=== Provided data ===

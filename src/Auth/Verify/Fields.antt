-- ===== src/Auth/Verify/Fields.antt =====
-- The fields of a ticket are told apart and read back.
use p2p_server.Base.{
  ℕ, ◌+◌, ◌-◌, ◌*◌, ◌<◌, ◌≡◌, refl, sym, ◌∙◌, ap, ◌≢◌, true, [], ◌∷◌, ◌++◌, some, String, arith,
  All,
}
use mathlib.Core.Path.{subst}
use p2p_server.Base.Int.{pos}
use p2p_server.Base.Texts.{append, bytes_of, itoa}
use p2p_server.Base.Texts.Decimal.{value_of, value_of-itoa, IsDigit, itoa-IsDigit, itoa-cons}
use p2p_server.Auth.Verify.{
  Bytes, cut, split, equal_bytes, digits_from, number, positive, signed, skip_blanks, scan_int,
  int64_min_size,
}

-- The text has no such byte.
abbrev pub Lacks : ℕ → String → Type 0
Lacks x s = All (λ b. b ≢ x) (bytes_of s)

pub cut-append : (s t : String) → Lacks 46 s → cut 46 (append s (String.◌∷◌ "." t)) ≡ some (s, t)
unfolding cut append bytes_of
cut-append String.[] t h = refl
cut-append (String.◌∷◌ c s) t h = ground (arith, cut-append s t h.1, h.0)

pub split-append : (x : ℕ) (a r : Bytes) → All (λ b. b ≢ x) a → split x (a ++ x ∷ r) ≡ a ∷ split x r
unfolding split
split-append x [] r h = ground arith
split-append x (b ∷ a) r h = ground (arith, split-append x a r h.1, h.0)

pub split-last : (x : ℕ) (a : Bytes) → All (λ b. b ≢ x) a → split x a ≡ a ∷ []
unfolding split
split-last x [] h = refl
split-last x (b ∷ a) h = ground (arith, split-last x a h.1, h.0)

pub equal_bytes_refl : (a : Bytes) → equal_bytes a a ≡ true
unfolding equal_bytes
equal_bytes_refl [] = refl
equal_bytes_refl (b ∷ a) = ground (arith, equal_bytes_refl a)

digits_from-value_of :
    (acc : ℕ) (bs : Bytes) → All IsDigit bs → digits_from acc bs ≡ value_of acc bs
unfolding digits_from
digits_from-value_of acc [] h = refl
digits_from-value_of acc (b ∷ bs) h =
    ground (arith, digits_from-value_of (acc * 10 + (b - 48)) bs h.1, h.0)

scan_int-digits :
    (b : ℕ) (bs : Bytes) (k : ℕ)
    → All IsDigit (b ∷ bs)
    → value_of 0 (b ∷ bs) ≡ k
    → k < int64_min_size
    → scan_int (b ∷ bs) ≡ some (pos k)
unfolding scan_int skip_blanks signed number positive
scan_int-digits b bs k all worth l =
    let read : digits_from 0 (b ∷ bs) ≡ k = digits_from-value_of 0 (b ∷ bs) all ∙ worth in
    ground (arith, all.0, read, l)

-- A number that an int64 holds is read back from its digits.
pub scan_int-itoa : (n : ℕ) → n < int64_min_size → scan_int (bytes_of (itoa n)) ≡ some (pos n)
scan_int-itoa n h =
    let (b, bs, e) = itoa-cons n in
    ap scan_int e
    ∙ scan_int-digits b bs n (subst (All IsDigit) e (itoa-IsDigit n))
        (ap (value_of 0) (sym e) ∙ value_of-itoa n) h
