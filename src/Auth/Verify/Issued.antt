-- ===== src/Auth/Verify/Issued.antt =====
-- A ticket that was issued is verified until it expires.
use p2p_server.Base.{
  ℕ, ◌+◌, ◌<◌, ◌≡◌, ◌∙◌, ap, ◌≢◌, List, [], ◌∷◌, ◌++◌, some, String, ok, err, arith, All,
  if◌then◌else◌, ltb,
}
use p2p_server.Base.Int.{pos}
use p2p_server.Base.Texts.{append, bytes_of, itoa}
use p2p_server.Base.Texts.Decimal.{bytes_of-append, IsDigit, itoa-IsDigit}
use p2p_server.Protocol.{Role}
use p2p_server.Auth.{Crypto}
use p2p_server.Auth.Ticket.{unix, role_text, ticket_body, issue}
use p2p_server.Auth.Verify.{ticket_expired, Ticket, cut, split, read_fields, verify, int64_min_size}
use p2p_server.Auth.Verify.Fields.{
  Lacks, cut-append, split-append, split-last, equal_bytes_refl, scan_int-itoa,
}

-- What base64.RawURLEncoding is documented to do: it decodes what it encodes, in an alphabet without
-- the dot.
pub record IsBase64 (c : Crypto) : Type 0 where
  pub decodes : (bs : List ℕ) → c.b64_decode (c.b64_encode bs) ≡ some bs
  pub no_dot : (bs : List ℕ) → Lacks 46 (c.b64_encode bs)

role_text-Lacks : (r : Role) → Lacks 31 (role_text r)
unfolding bytes_of
role_text-Lacks Role.owner = omega arith
role_text-Lacks Role.member = omega arith

digits-Lacks : (bs : List ℕ) → All IsDigit bs → All (λ b. b ≢ 31) bs
digits-Lacks [] h = tt
digits-Lacks (b ∷ bs) h = (ground (arith, h.0), digits-Lacks bs h.1)

-- The claims of the ticket.
abbrev pub claims : String → String → String → Role → ℕ → Ticket
claims sid mid conn role exp = record {
  session_id = bytes_of sid;
  member_id = bytes_of mid;
  connection_id = bytes_of conn;
  role = bytes_of (role_text role);
  expires_at = pos exp;
}

joined : (s t : String) → bytes_of (append s (append "\u{1f}" t)) ≡ bytes_of s ++ 31 ∷ bytes_of t
unfolding append bytes_of
joined s t = bytes_of-append s (append "\u{1f}" t)

body_bytes :
    (sid mid conn role exp : String)
    → bytes_of (ticket_body sid mid conn role exp)
      ≡ bytes_of sid
        ++ 31 ∷ (bytes_of mid ++ 31 ∷ (bytes_of conn ++ 31 ∷ (bytes_of role ++ 31 ∷ bytes_of exp)))
unfolding ticket_body
body_bytes sid mid conn role exp =
    let last = append role (append "\u{1f}" exp) in
    let third = append conn (append "\u{1f}" last) in
    let second = append mid (append "\u{1f}" third) in
    joined sid second
    ∙ ap (λ r. bytes_of sid ++ 31 ∷ r)
        (joined mid third
          ∙ ap (λ r. bytes_of mid ++ 31 ∷ r)
              (joined conn last ∙ ap (λ r. bytes_of conn ++ 31 ∷ r) (joined role exp)))

split-body :
    (sid mid conn : String) (role : Role) (exp : ℕ)
    → Lacks 31 sid
    → Lacks 31 mid
    → Lacks 31 conn
    → split 31 (bytes_of (ticket_body sid mid conn (role_text role) (itoa exp)))
      ≡ bytes_of sid
        ∷ bytes_of mid
        ∷ bytes_of conn
        ∷ bytes_of (role_text role)
        ∷ bytes_of (itoa exp)
        ∷ []
split-body sid mid conn role exp hs hm hc =
    let e = bytes_of (itoa exp) in
    let role_bytes = bytes_of (role_text role) in
    ap (split 31) (body_bytes sid mid conn (role_text role) (itoa exp))
    ∙ (split-append 31 (bytes_of sid)
          (bytes_of mid ++ 31 ∷ (bytes_of conn ++ 31 ∷ (role_bytes ++ 31 ∷ e))) hs
        ∙ ap (λ r. bytes_of sid ∷ r)
            (split-append 31 (bytes_of mid) (bytes_of conn ++ 31 ∷ (role_bytes ++ 31 ∷ e)) hm
              ∙ ap (λ r. bytes_of mid ∷ r)
                  (split-append 31 (bytes_of conn) (role_bytes ++ 31 ∷ e) hc
                    ∙ ap (λ r. bytes_of conn ∷ r)
                        (split-append 31 role_bytes e (role_text-Lacks role)
                          ∙ ap (λ r. role_bytes ∷ r)
                              (split-last 31 e (digits-Lacks e (itoa-IsDigit exp)))))))

-- A ticket for IDs without the separator, issued under a key and verified under the same key, with
-- an expiry that an int64 holds: `Verify` returns the session, the member, the connection, the role
-- and the expiry that it was issued for, up to the second of the expiry, and afterwards says that
-- it is expired.
pub verify-issue :
    (c : Crypto) (key : List ℕ) (now later : ℕ) (sid mid conn : String) (role : Role) (ttl : ℕ)
    → IsBase64 c
    → Lacks 31 sid
    → Lacks 31 mid
    → Lacks 31 conn
    → unix (now + ttl) < int64_min_size
    → verify c key later (issue c key now sid mid conn role ttl) ≡ (
        if ltb (unix (now + ttl)) (unix later)
        then err ticket_expired
        else ok (claims sid mid conn role (unix (now + ttl))))
unfolding verify issue read_fields
verify-issue c key now later sid mid conn role ttl v hs hm hc fits =
    let exp = unix (now + ttl) in
    let body = bytes_of (ticket_body sid mid conn (role_text role) (itoa exp)) in
    let mac = c.hmac key body in
    let apart : cut 46 (issue c key now sid mid conn role ttl)
        ≡ some (c.b64_encode body, c.b64_encode mac) =
      unfold append in cut-append (c.b64_encode body) (c.b64_encode mac) (v.no_dot body) in
    ground (
      arith,
      apart,
      v.decodes body,
      v.decodes mac,
      equal_bytes_refl mac,
      split-body sid mid conn role exp hs hm hc,
      scan_int-itoa exp fits,
    )
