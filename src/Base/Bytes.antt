-- ===== src/Base/Bytes.antt =====
-- Byte slices: reads and writes at offsets, and big-endian integers.
use Prim.Native.Nat.{ℕ, zero, suc, ◌+◌, ◌*◌, ◌/◌, ◌%◌, ◌<◌}
use mathlib.Core.Path.{◌≡◌, refl, ap, ◌∙◌}
use mathlib.Core.List.{List, [], ◌∷◌, ◌++◌}
use native.Mathlib.Omega.{arith}
use p2p_server.Base.Lists.{length, drop}

abbrev pub replicate : ℕ → ℕ → List ℕ
replicate zero a = []
replicate (suc n) a = a ∷ replicate n a

-- `b[i]`, where the code has tested that `i` is in range.
abbrev pub byte_at : List ℕ → ℕ → ℕ
byte_at [] i = 0
byte_at (x ∷ xs) zero = x
byte_at (x ∷ xs) (suc i) = byte_at xs i

-- `copy(dst, src)`: as many bytes as both have.
unfoldable pub copy : List ℕ → List ℕ → List ℕ
copy [] src = []
copy (x ∷ dst) [] = x ∷ dst
copy (x ∷ dst) (y ∷ src) = y ∷ copy dst src

-- `copy(buf[off:], src)`
unfoldable pub copy_at : List ℕ → ℕ → List ℕ → List ℕ
copy_at buf zero src = copy buf src
copy_at [] (suc off) src = []
copy_at (x ∷ buf) (suc off) src = x ∷ copy_at buf off src

-- `binary.BigEndian.PutUint16` and `PutUint32` of a value in range.
abbrev pub put_u16 : ℕ → List ℕ
put_u16 v = (v / 256) % 256 ∷ v % 256 ∷ []

abbrev pub put_u32 : ℕ → List ℕ
put_u32 v = (v / 16777216) % 256 ∷ (v / 65536) % 256 ∷ (v / 256) % 256 ∷ v % 256 ∷ []

abbrev pub u16_at : List ℕ → ℕ → ℕ
u16_at b i = byte_at b i * 256 + byte_at b (i + 1)

abbrev pub u32_at : List ℕ → ℕ → ℕ
u32_at b i =
    byte_at b i * 16777216 + byte_at b (i + 1) * 65536 + byte_at b (i + 2) * 256 + byte_at b (i + 3)

pub length-replicate : (n a : ℕ) → length (replicate n a) ≡ n
length-replicate zero a = refl
length-replicate (suc n) a = ap suc (length-replicate n a)

pub replicate-add : (n m a : ℕ) → replicate (n + m) a ≡ replicate n a ++ replicate m a
replicate-add zero m a = ap (λ k. replicate k a) (omega arith)
replicate-add (suc n) m a = ap (λ k. replicate k a) e ∙ ap (◌∷◌ a) (replicate-add n m a)
  where
    e : suc n + m ≡ suc (n + m)
    e = omega arith

-- A copy into a buffer of the source's length is the source.
pub copy_full : (buf src : List ℕ) → length buf ≡ length src → copy buf src ≡ src
unfolding copy
copy_full [] [] h = refl
copy_full [] (y ∷ src) h = absurd (omega arith)
copy_full (x ∷ buf) [] h = absurd (omega arith)
copy_full (x ∷ buf) (y ∷ src) h = ap (◌∷◌ y) (copy_full buf src (omega arith))

pub copy_nil : (buf : List ℕ) → copy buf [] ≡ buf
unfolding copy
copy_nil [] = refl
copy_nil (x ∷ buf) = refl

-- A copy over a prefix leaves what follows.
pub copy-append :
    (pre post src : List ℕ) → length pre ≡ length src → copy (pre ++ post) src ≡ src ++ post
unfolding copy
copy-append [] [] [] h = refl
copy-append [] (x ∷ post) [] h = refl
copy-append [] post (y ∷ src) h = absurd (omega arith)
copy-append (x ∷ pre) post [] h = absurd (omega arith)
copy-append (x ∷ pre) post (y ∷ src) h = ap (◌∷◌ y) (copy-append pre post src (omega arith))

pub copy_at-append :
    (pre buf src : List ℕ) (off : ℕ)
    → off ≡ length pre
    → copy_at (pre ++ buf) off src ≡ pre ++ copy buf src
unfolding copy_at
copy_at-append [] buf src zero h = refl
copy_at-append [] buf src (suc off) h = absurd (omega arith)
copy_at-append (x ∷ pre) buf src zero h = absurd (omega arith)
copy_at-append (x ∷ pre) buf src (suc off) h =
    ap (◌∷◌ x) (copy_at-append pre buf src off (omega arith))

pub drop-append : (pre post : List ℕ) (n : ℕ) → n ≡ length pre → drop n (pre ++ post) ≡ post
drop-append [] post zero h = refl
drop-append [] post (suc n) h = absurd (omega arith)
drop-append (x ∷ pre) post zero h = absurd (omega arith)
drop-append (x ∷ pre) post (suc n) h = drop-append pre post n (omega arith)

pub byte_at-append :
    (pre post : List ℕ) (n k : ℕ) → n ≡ length pre + k → byte_at (pre ++ post) n ≡ byte_at post k
byte_at-append [] post n k h = ap (byte_at post) (omega arith)
byte_at-append (x ∷ pre) post zero k h = absurd (omega arith)
byte_at-append (x ∷ pre) post (suc n) k h = byte_at-append pre post n k (omega arith)

pub length-copy : (buf src : List ℕ) → length (copy buf src) ≡ length buf
unfolding copy
length-copy [] src = refl
length-copy (x ∷ buf) [] = refl
length-copy (x ∷ buf) (y ∷ src) = ap suc (length-copy buf src)

pub u16_range : (v : ℕ) → v < 65536 → ((v / 256) % 256) * 256 + v % 256 ≡ v
u16_range v h = omega arith

pub u32_range :
    (v : ℕ)
    → v < 4294967296
    → ((v / 16777216) % 256) * 16777216
        + ((v / 65536) % 256) * 65536
        + ((v / 256) % 256) * 256
        + v % 256
      ≡ v
u32_range v h = omega arith

pub length-copy_at :
    (buf : List ℕ) (off : ℕ) (src : List ℕ) → length (copy_at buf off src) ≡ length buf
unfolding copy_at
length-copy_at buf zero src = length-copy buf src
length-copy_at [] (suc off) src = refl
length-copy_at (x ∷ buf) (suc off) src = ap suc (length-copy_at buf off src)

===

[Activity] Which lines run from the one holding "bytes_of sid ∷ r)" through the one holding "role_bytes ∷ r)" in the records above? Repeat them exactly, both included, and nothing more.

[Output]
        ∙ ap (λ r. bytes_of sid ∷ r)
            (split-append 31 (bytes_of mid) (bytes_of conn ++ 31 ∷ (role_bytes ++ 31 ∷ e)) hm
              ∙ ap (λ r. bytes_of mid ∷ r)
                  (split-append 31 (bytes_of conn) (role_bytes ++ 31 ∷ e) hc
                    ∙ ap (λ r. bytes_of conn ∷ r)
                        (split-append 31 role_bytes e (role_text-Lacks role)
                          ∙ ap (λ r. role_bytes ∷ r)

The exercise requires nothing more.